Third, it is no accident that the Republicans have sold their agenda under the word "ownership"; it defines their view of the issue: carving out responsibility from government and placing it in the hands of individuals. Democrats do not need to travel down that road in order to give Americans more choice. Instead of privatization, they can offer personalization--reforming the already universal public-sector structures so that they respond to the public's wide diversity of needs and wants--for example, replacing one-size-fits-all public schools with classroom settings better geared to each student's own way of learning.
Finally, there is a big difference between an abstract liberty to choose and an actual ability to do so. It is one thing for Republicans to curtail government's reach and throw people back upon themselves in the market. It is another to use government activism in a way that is bigger and broader than ever tried before: to work toward a vision where it is no longer only the most fortunate in our country who get to make basic choices, such as what kind of schools their children attend or which doctor their family sees.

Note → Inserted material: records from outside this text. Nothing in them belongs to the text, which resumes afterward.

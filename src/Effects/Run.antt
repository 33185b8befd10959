-- ===== src/Effects/Run.antt =====
-- Running a program against an environment, which answers each call by any rule, in view of all
-- that was called before.
use edn_core.Prelude.{List, ◌∷◌}
use edn_core.Effects.{Call, Reply, Prog, ret, call}

abbrev Event : Type 0
Event = (c : Call) × Reply c

-- The newest event stands first.
abbrev pub History : Type 0
History = List Event

abbrev pub Environment : Type 0
Environment = History → (c : Call) → Reply c

unfoldable pub run : {A : Type 0} → Environment → History → Prog A → History × A
run env h (ret a) = (h, a)
run env h (call c k) = run env ((c, env h c) ∷ h) (k (env h c))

Democrats, often defensive about using government, are loath to do this, but the result is a mealy-mouthed message and broad confusion about what, if anything, the party stands for. The fact is, most Americans don't have antipathy toward government--they are apathetic. Government seems like an outdated institution that is out of touch with their lives. Democrats who do not seem to understand this have been losing election after election.

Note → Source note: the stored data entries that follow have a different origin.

-- ===== src/Effects/Monitor.antt =====
-- Monitors: what a program is allowed to call, in view of a state that the calls so far have left.
-- `Spec` is the obligation on a program's text, and `Spec-sound` carries it to every run.
use edn_core.Prelude.{◌≡◌, sym, subst, [], ◌∷◌}
use edn_core.Errors.{Error, Result, ok, err}
use edn_core.Effects.{Call, Reply, Prog, ret, call, bind, if_ok, ◌>>=◌}
use edn_core.Effects.Run.{History, Environment, run}

pub record Monitor (S : Type 0) : Type 1 where
  pub start : S
  pub step : S → (c : Call) → Reply c → S
  pub check : S → Call → Type 0
  -- what is relied on about a reply
  pub trust : (c : Call) → Reply c → Type 0

module _ {S : Type 0} (m : Monitor S) where
  abbrev pub state : History → S
  state [] = m.start
  state ((c, r) ∷ h) = m.step (state h) c r

  -- Each call of the history was allowed when it was made.
  abbrev pub Allowed : History → Type 0
  Allowed [] = Unit
  Allowed ((c, r) ∷ h) = Allowed h × m.check (state h) c

  -- From state `s` the program makes allowed calls only, and ends with `Q`.
  abbrev pub Spec : {A : Type 0} → (S → A → Type 0) → S → Prog A → Type 0
  Spec Q s (ret a) = Q s a
  Spec Q s (call c k) = m.check s c × ((r : Reply c) → m.trust c r → Spec Q (m.step s c r) (k r))

  -- The environment answers as it is relied on to.
  abbrev pub Trusted : Environment → Type 0
  Trusted env = (h : History) (c : Call) → m.trust c (env h c)

  pub Spec-sound :
      {A : Type 0} (Q : S → A → Type 0) (env : Environment) (h : History) (p : Prog A)
      → Trusted env
      → Allowed h
      → Spec Q (state h) p
      → Allowed (run env h p).0 × Q (state (run env h p).0) (run env h p).1
  unfolding run
  Spec-sound Q env h (ret a) trusted allowed spec = (allowed, spec)
  Spec-sound Q env h (call c k) trusted allowed spec =
      Spec-sound Q env ((c, env h c) ∷ h) (k (env h c)) trusted (allowed, spec.0)
        (spec.1 (env h c) (trusted h c))

  pub Spec-bind :
      {A B : Type 0} (Q : S → A → Type 0) (R : S → B → Type 0) (s : S) (p : Prog A) (f : A → Prog B)
      → Spec Q s p
      → ((t : S) (a : A) → Q t a → Spec R t (f a))
      → Spec R s (bind p f)
  Spec-bind Q R s (ret a) f spec next = next s a spec
  Spec-bind Q R s (call c k) f spec next =
      (spec.0, λ r t. Spec-bind Q R (m.step s c r) (k r) f (spec.1 r t) next)

  -- A part that ends in the state that it began in.
  abbrev pub Stays : {A : Type 0} → S → S → A → Type 0
  Stays s t a = t ≡ s

  pub Spec-after :
      {A B : Type 0} (R : S → B → Type 0) (s : S) (p : Prog A) (f : A → Prog B)
      → Spec (Stays s) s p
      → ((a : A) → Spec R s (f a))
      → Spec R s (bind p f)
  Spec-after {A} R s p f spec next =
      Spec-bind (Stays s) R s p f spec (λ t a e. subst (λ u. Spec R u (f a)) (sym e) (next a))

  pub Spec-then :
      {A B : Type 0} (R : S → Result B → Type 0) (s : S) (p : Prog (Result A))
      (f : A → Prog (Result B))
      → Spec (Stays s) s p
      → ((a : A) → Spec R s (f a))
      → ((e : Error) → R s (err e))
      → Spec R s (p >>= f)
  Spec-then {A} {B} R s p f spec next failed = Spec-after R s p (if_ok f) spec go
    where
      go : (r : Result A) → Spec R s (if_ok f r)
      go (ok a) = next a
      go (err e) = failed e

  -- What a part may call, with nothing said of its end.
  pub Spec-any :
      {A : Type 0} (Q : S → A → Type 0) (s : S) (p : Prog A)
      → Spec Q s p
      → Spec {A = A} (λ _ _. Unit) s p
  Spec-any Q s (ret a) spec = tt
  Spec-any Q s (call c k) spec = (spec.0, λ r t. Spec-any Q (m.step s c r) (k r) (spec.1 r t))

Instead, this "choice revolution" not only offers a way to meet the Republican "ownership society," it is also a way for the party to find its voice again: reaching out to liberals by pushing the boundaries of government activism on behalf of equality and diversity, responding to middle-class voters who want more say and control over their lives and their family decisions, and speaking to a broad populist pique spreading across a voting public fed up with elitist, arrogant, antiquated bureaucracies in both big business and big government--and bothered that each party only gets it half right.
Democrats routinely score better among the public on domestic issues such as health care and schools. But, given a choice between a "smaller government with fewer services" and a "larger government with more services," a majority of Americans choose the former. That was true in 2000; it is true today. Nevertheless, too often Democrats give little to no indication that they have any conception of this popular dissatisfaction with government as usual.

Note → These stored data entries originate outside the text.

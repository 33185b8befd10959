-- ===== src/Payments/Monitors.antt =====
-- What the payment services promise about the calls that they make, as monitors over their runs.
use edn_core.Prelude.{◌≡◌, Option, none, some}
use edn_core.Text.{Text}
use edn_core.Errors.{ok}
use edn_core.Effects.{
  Call, Reply, get_by_nsu, find_by_intent_key, create_checkout, mark_provider_create_attempted,
  acquire_order_lock, release_order_lock, acquire_fingerprint_lock, release_fingerprint_lock,
  update_status, update_provider_url, upsert_payment,
}
use edn_core.Effects.Monitor.{Monitor}

-- How far a run is on the way to the provider: no attempt is on record, the attempt for an order is
-- on record, or the provider was called.
pub data Attempt : Type 0 where
  idle : Attempt
  marked : Text → Attempt
  called : Attempt

abbrev pub mark : Attempt → Text → Attempt
mark called nsu = called
mark _ nsu = marked nsu

abbrev attempt_step : Attempt → (c : Call) → Reply c → Attempt
attempt_step a (mark_provider_create_attempted nsu _) (ok _) = mark a nsu
attempt_step a (create_checkout _) _ = called
attempt_step a _ _ = a

abbrev AttemptCheck : Attempt → Call → Type 0
AttemptCheck a (create_checkout req) = a ≡ marked req.order_nsu
AttemptCheck a _ = Unit

-- The provider is asked for a checkout once at most, and only when the attempt is on record for the
-- same order.
abbrev pub provider_guard : Monitor Attempt
provider_guard = record {
  start = idle;
  step = attempt_step;
  check = AttemptCheck;
  trust = λ _ _. Unit;
}

-- A fetched order is the one that was asked for: `order_nsu` and `checkout_intent_key` are the
-- filters of the queries in internal/checkout/mongodb_repository.go.
abbrev pub Fetched : (c : Call) → Reply c → Type 0
Fetched (get_by_nsu nsu) (ok order) = order.order_nsu ≡ nsu
Fetched (find_by_intent_key key) (ok order) = order.checkout_intent_key ≡ key
Fetched _ _ = Unit

-- The locks that a run holds: key and token.
pub record Held : Type 0 where
  pub order_lock : Option (Text × Text)
  pub fingerprint_lock : Option (Text × Text)

abbrev pub no_locks : Held
no_locks = record { order_lock = none; fingerprint_lock = none }

abbrev owner : Option (Text × Text) → Option Text
owner none = none
owner (some (nsu, _)) = some nsu

abbrev lock_step : Held → (c : Call) → Reply c → Held
lock_step h (acquire_order_lock nsu token) (ok _) = record h { order_lock = some (nsu, token) }
lock_step h (release_order_lock _ _) _ = record h { order_lock = none }
lock_step h (acquire_fingerprint_lock hash token) (ok _) = record h {
  fingerprint_lock = some (hash, token);
}
lock_step h (release_fingerprint_lock _ _) _ = record h { fingerprint_lock = none }
lock_step h _ _ = h

abbrev BalanceCheck : Held → Call → Type 0
BalanceCheck h (acquire_order_lock _ _) = h.order_lock ≡ none
BalanceCheck h (release_order_lock nsu token) = h.order_lock ≡ some (nsu, token)
BalanceCheck h (acquire_fingerprint_lock _ _) = h.fingerprint_lock ≡ none
BalanceCheck h (release_fingerprint_lock hash token) = h.fingerprint_lock ≡ some (hash, token)
BalanceCheck h (create_checkout req) = owner h.order_lock ≡ some req.order_nsu
BalanceCheck h (mark_provider_create_attempted nsu _) = owner h.order_lock ≡ some nsu
BalanceCheck h _ = Unit

-- No lock is taken twice, each release gives back the lock that is held, by its key and token, and
-- an attempt is recorded and made under the lock of its order.
abbrev pub lock_balance : Monitor Held
lock_balance = record { start = no_locks; step = lock_step; check = BalanceCheck; trust = Fetched }

abbrev WriteCheck : Held → Call → Type 0
WriteCheck h (update_status nsu _ _) = owner h.order_lock ≡ some nsu
WriteCheck h (update_provider_url nsu _ _ _) = owner h.order_lock ≡ some nsu
WriteCheck h (upsert_payment payment) = owner h.order_lock ≡ some payment.order_nsu
WriteCheck h c = BalanceCheck h c

-- Besides, an order and its payments are written under the order's lock.
abbrev pub lock_guard : Monitor Held
lock_guard = record { start = no_locks; step = lock_step; check = WriteCheck; trust = Fetched }

-- No claim on how a run ends.
abbrev pub AnyEnd : {S A : Type 0} → S → A → Type 0
AnyEnd s a = Unit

Yet, neither do Democrats need to become cryptoconservatives. Bush's convention speech demonstrated that--to his credit--he understands that this famed polling question is the type of false choice that drives Americans up the wall and out of the political debate. The fact is that, for more than a decade, something very clear has come through about Americans' views: They want a government that is smaller, decentralized, less bureaucratic--and more active than ever before. This finding is a source of perpetual mirth for some in Washington, who cannot help but chortle at the apparent contradiction. It turns out the joke's on them.
This desire for the public sector is completely in line with what Americans have come to expect from the best of today's private sector. On the job and at home, they have more information, more personalized service, and more individual decision-making power than ever before. The race to build a new governing majority is the rush to give Americans more choice and a stronger voice. Democrats are lagging behind--but the path for them is there for the taking.